Transferring Your Award:  Normally your Award may not be transferred to
another person.  However, you may complete a Beneficiary Designation Form
to name the person to receive the portion of your Award that is to be
settled after you die (see section titled "Beneficiary Designation" above).
Also, the Committee may allow you to place your stock units into a trust
established for your benefit or for the benefit of your family.  Contact
the Employee Benefits Department at 1-800-843-6446, extension 7776, if you
are interested in doing this.

Governing Law:  This Award Agreement will be construed in accordance with
and governed by the laws of the United States and of the State of Ohio
(other than laws governing conflicts of laws).





Other Agreements:  Also, your Award will be subject to the terms of any
other written agreements between you and the Company.

Adjustments to Your Award:  Your Award will be adjusted, if appropriate, to
reflect any change to the Company's capital structure (e.g., the number of
your stock units will be adjusted to reflect a stock split).

Other Rules:  Your Award also is subject to more rules described in the
Plan and in the Plan's prospectus.  You should read both of these documents
carefully to ensure you fully understand all the conditions of this Award.



                        Tax Treatment of Your Award

The federal income tax treatment of your Award is discussed in the Plan's
prospectus.

                                   *****






                   Your Acknowledgment of Award Conditions

Note:  You must sign and return a copy of this Award Agreement to Lynn C.
Schoel at the address given below no later than April 23, 2007.

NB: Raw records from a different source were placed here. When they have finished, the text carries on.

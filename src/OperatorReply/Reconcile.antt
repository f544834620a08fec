-- ===== src/OperatorReply/Reconcile.antt =====
-- Reconciling pending unmatched receipts, of whatsappOperatorReplyStatus.ts. The reads and writes of
-- `debug_webhooks` are calls of the database client, which is a parameter.
pub mod Totals
mod Tests
use oasis_supabase_core.Prelude.{◌++◌}
use oasis_supabase_core.Prelude.{
  ℕ, zero, suc, ◌+◌, Bool, true, false, ◌&&◌, ◌||◌, not, Option, none, some, List, [], ◌∷◌, Text,
  codes, nonempty, length, last?, leb, ltb, min, max, if◌then◌else◌,
}
use oasis_supabase_core.Prelude.Int.{ℤ, pos, negsuc}
use oasis_supabase_core.Prelude.Json.{
  Json, undefined, null, boolean, number, string, array, object, as_text, get, Items, nil, cons,
}
use oasis_supabase_core.Prelude.Exec.{Result, ok, thrown, Exec, pure, throw}
use oasis_supabase_core.OperatorReply.Status.{
  BoundedProviderStatus, normalize_operator_reply_provider_status,
}
use oasis_supabase_core.OperatorReply.Delivery.{
  Admin, Reply, gives, fails, rejects, ProviderStatusEvent, PersistOutcome, text_or_empty,
  persist_operator_reply_provider_status,
}

-- A pending row as it is read: each column is a JSON value.
pub record PendingRow : Type 0 where
  pub id : Json
  pub wamid : Json
  pub raw_payload : Json

-- The calls on `debug_webhooks`: the payload of the cursor row, a page of pending rows after an id
-- (`none` from the start) with a limit, the mark on a row, and the write of the cursor.
pub record Ledger {ℓ} (Db : Type ℓ) : Type ℓ where
  pub read_cursor : Db → Reply Json
  pub read_page : Option Text → ℕ → Db → Reply (List PendingRow)
  pub mark_processed : Text → Db → Reply (Unit {0}) × Db
  pub write_cursor : Text → Db → Reply (Unit {0}) × Db

pub record Report : Type 0 where
  pub checked : ℕ
  pub recovered : ℕ
  pub pending : ℕ
  pub errors : ℕ

-- `none` is a number that is no integer
unfoldable pub page_limit : Option ℤ → ℕ
page_limit none = 10
page_limit (some (pos n)) = max 1 (min n 20)
page_limit (some (negsuc n)) = 1

-- `typeof value === "string" ? value : ""`
text_of : Json → Text
unfolding as_text text_or_empty
text_of v = text_or_empty (as_text v)

unfoldable mutual
  -- `String(value ?? "")`
  pub string_or_empty : Json → Text
  string_or_empty undefined = []
  string_or_empty null = []
  string_or_empty (boolean true) = codes "true"
  string_or_empty (boolean false) = codes "false"
  string_or_empty (number n) = n
  string_or_empty (string s) = s
  string_or_empty (array xs) = joined xs
  string_or_empty (object _) = codes "[object Object]"

  -- the elements of an array, between commas
  pub joined : Items → Text
  joined nil = []
  joined (cons x nil) = string_or_empty x
  joined (cons x (cons y ys)) = string_or_empty x ++ (codes "," ++ joined (cons y ys))

is_none {ℓ} : {A : Type ℓ} → Option A → Bool
is_none none = true
is_none (some _) = false

-- the counts of the loop
pub record Tally : Type 0 where
  pub recovered : ℕ
  pub pending : ℕ
  pub errors : ℕ

unfoldable pub count_error : Tally → Tally
count_error t = record t { errors = t.errors + 1 }

module _ {ℓ} {Db : Type ℓ} (admin : Admin Db) (ledger : Ledger Db) where
  open ledger use {read_cursor, read_page, mark_processed, write_cursor}

  unfoldable pub event_of_row : PendingRow → ProviderStatusEvent
  unfolding text_of
  event_of_row row = record {
    status = text_of (get (codes "provider_status") row.raw_payload);
    provider_message_id = some (text_of row.wamid);
    provider_error_code = as_text (get (codes "provider_error_code") row.raw_payload);
  }

  after_mark : Tally → Reply (Unit {0}) → Tally
  unfolding count_error
  after_mark t (gives _) = record t { recovered = t.recovered + 1 }
  after_mark t (fails _ _) = count_error t
  after_mark t (rejects _) = count_error t

  after_persist : Text → Tally → Result PersistOutcome → Db → Tally × Db
  unfolding after_mark count_error
  after_persist id t (thrown _) s = (count_error t, s)
  after_persist id t (ok outcome) s =
      if not outcome.matched
      then (record t { pending = t.pending + 1 }, s)
      else let marked = mark_processed id s in (after_mark t marked.0, marked.1)

  -- the body of the loop
  unfoldable pub reconcile_row : PendingRow → Tally → Db → Tally × Db
  unfolding after_persist event_of_row text_of is_none count_error
  reconcile_row row t s =
      let id = text_of row.id in
      let event = event_of_row row in
      if not (nonempty id)
        || not (nonempty (text_of row.wamid))
        || is_none (normalize_operator_reply_provider_status event.status)
      then (count_error t, s)
      else let answer = persist_operator_reply_provider_status admin event s in
        after_persist id t answer.0 answer.1

  unfoldable pub reconcile_rows : List PendingRow → Tally → Db → Tally × Db
  reconcile_rows [] t s = (t, s)
  reconcile_rows (row ∷ rows) t s =
      let next = reconcile_row row t s in reconcile_rows rows next.0 next.1

  -- The page after the cursor, or the first page where that is empty.
  wrap_page : Text → ℕ → List PendingRow → Exec Db (List PendingRow)
  wrap_page last_id limit (row ∷ rows) s = pure (row ∷ rows) s
  wrap_page last_id limit [] s =
      if nonempty last_id
      then elim (read_page none limit s) [
        | gives rows ↦ pure rows s
        | fails _ _ ↦ throw (codes "WA_STATUS_RECONCILE_WRAP_READ_FAILED") s
        | rejects e ↦ throw e s
      ]
      else pure [] s

  after_id : Text → Option Text
  after_id [] = none
  after_id (c ∷ s) = some (c ∷ s)

  unfoldable pub next_rows : Text → ℕ → Exec Db (List PendingRow)
  unfolding wrap_page after_id
  next_rows last_id limit s = elim (read_page (after_id last_id) limit s) [
    | gives rows ↦ wrap_page last_id limit rows s
    | fails _ _ ↦ throw (codes "WA_STATUS_RECONCILE_READ_FAILED") s
    | rejects e ↦ throw e s
  ]

  report : List PendingRow → Tally → Report
  report rows t = record {
    checked = length rows;
    recovered = t.recovered;
    pending = t.pending;
    errors = t.errors;
  }

  -- The loop over a page, and the cursor moved to the last row of the page.
  unfoldable pub reconcile_page : List PendingRow → Exec Db Report
  unfolding string_or_empty report
  reconcile_page rows s =
      let done = reconcile_rows rows (record { recovered = 0; pending = 0; errors = 0 }) s in
      elim (last? rows) [
        | none ↦ pure (report rows done.0) done.1
        | some row ↦
            (let written = write_cursor (string_or_empty row.id) done.1 in
              elim written.0 [
                | gives _ ↦ pure (report rows done.0) written.1
                | fails _ _ ↦ throw (codes "WA_STATUS_RECONCILE_CURSOR_WRITE_FAILED") written.1
                | rejects e ↦ throw e written.1
              ])
      ]

  after_rows : Result (List PendingRow) → Exec Db Report
  unfolding reconcile_page
  after_rows (ok rows) s = reconcile_page rows s
  after_rows (thrown e) s = throw e s

  after_cursor : Option ℤ → Reply Json → Exec Db Report
  unfolding after_rows next_rows page_limit text_of
  after_cursor max_events (gives payload) s =
      let page =
        next_rows (text_of (get (codes "last_scanned_id") payload)) (page_limit max_events) s in
      after_rows page.0 page.1
  after_cursor max_events (fails _ _) s = throw (codes "WA_STATUS_RECONCILE_CURSOR_READ_FAILED") s
  after_cursor max_events (rejects e) s = throw e s

  unfoldable pub reconcile_unmatched_operator_reply_statuses : Option ℤ → Exec Db Report
  unfolding after_cursor
  reconcile_unmatched_operator_reply_statuses max_events s =
      after_cursor max_events (read_cursor s) s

By signing below, I acknowledge and agree that:

   -   A copy of the Plan has been made available to me;

   -   I have received a copy of the Plan's prospectus;

   -   I understand and accept the conditions placed on my Award and
       understand what I must do to earn my Award;

   -   I will consent (in my own behalf and in behalf of my beneficiaries
       and without any further consideration) to any change to my Award
       or this Award Agreement so I can avoid paying penalties under
       Section 409A of the Internal Revenue Code, even if those changes
       affect the conditions of my Award and reduce its value or potential
       value; and

   -   If I do not return a signed copy of this Award Agreement to the
       address shown below on or before April 23, 2007, my Award will be
       revoked automatically as of the date it was granted and I will not
       be entitled to receive any amount on account of the retroactively
       revoked Award.



- ---------------------------------------
(signature)


Date signed:
             ----------------------------

A signed copy of this form must be sent to Lynn C. Schoel, HR Management,
no later than April 23, 2007.


After it is received, the HR Management Department will acknowledge receipt
of your signed agreement.







 THIS FORM OF AWARD AGREEMENT IS PART OF A PROSPECTUS COVERING SECURITIES
        THAT HAVE BEEN REGISTERED UNDER THE SECURITIES ACT OF 1933.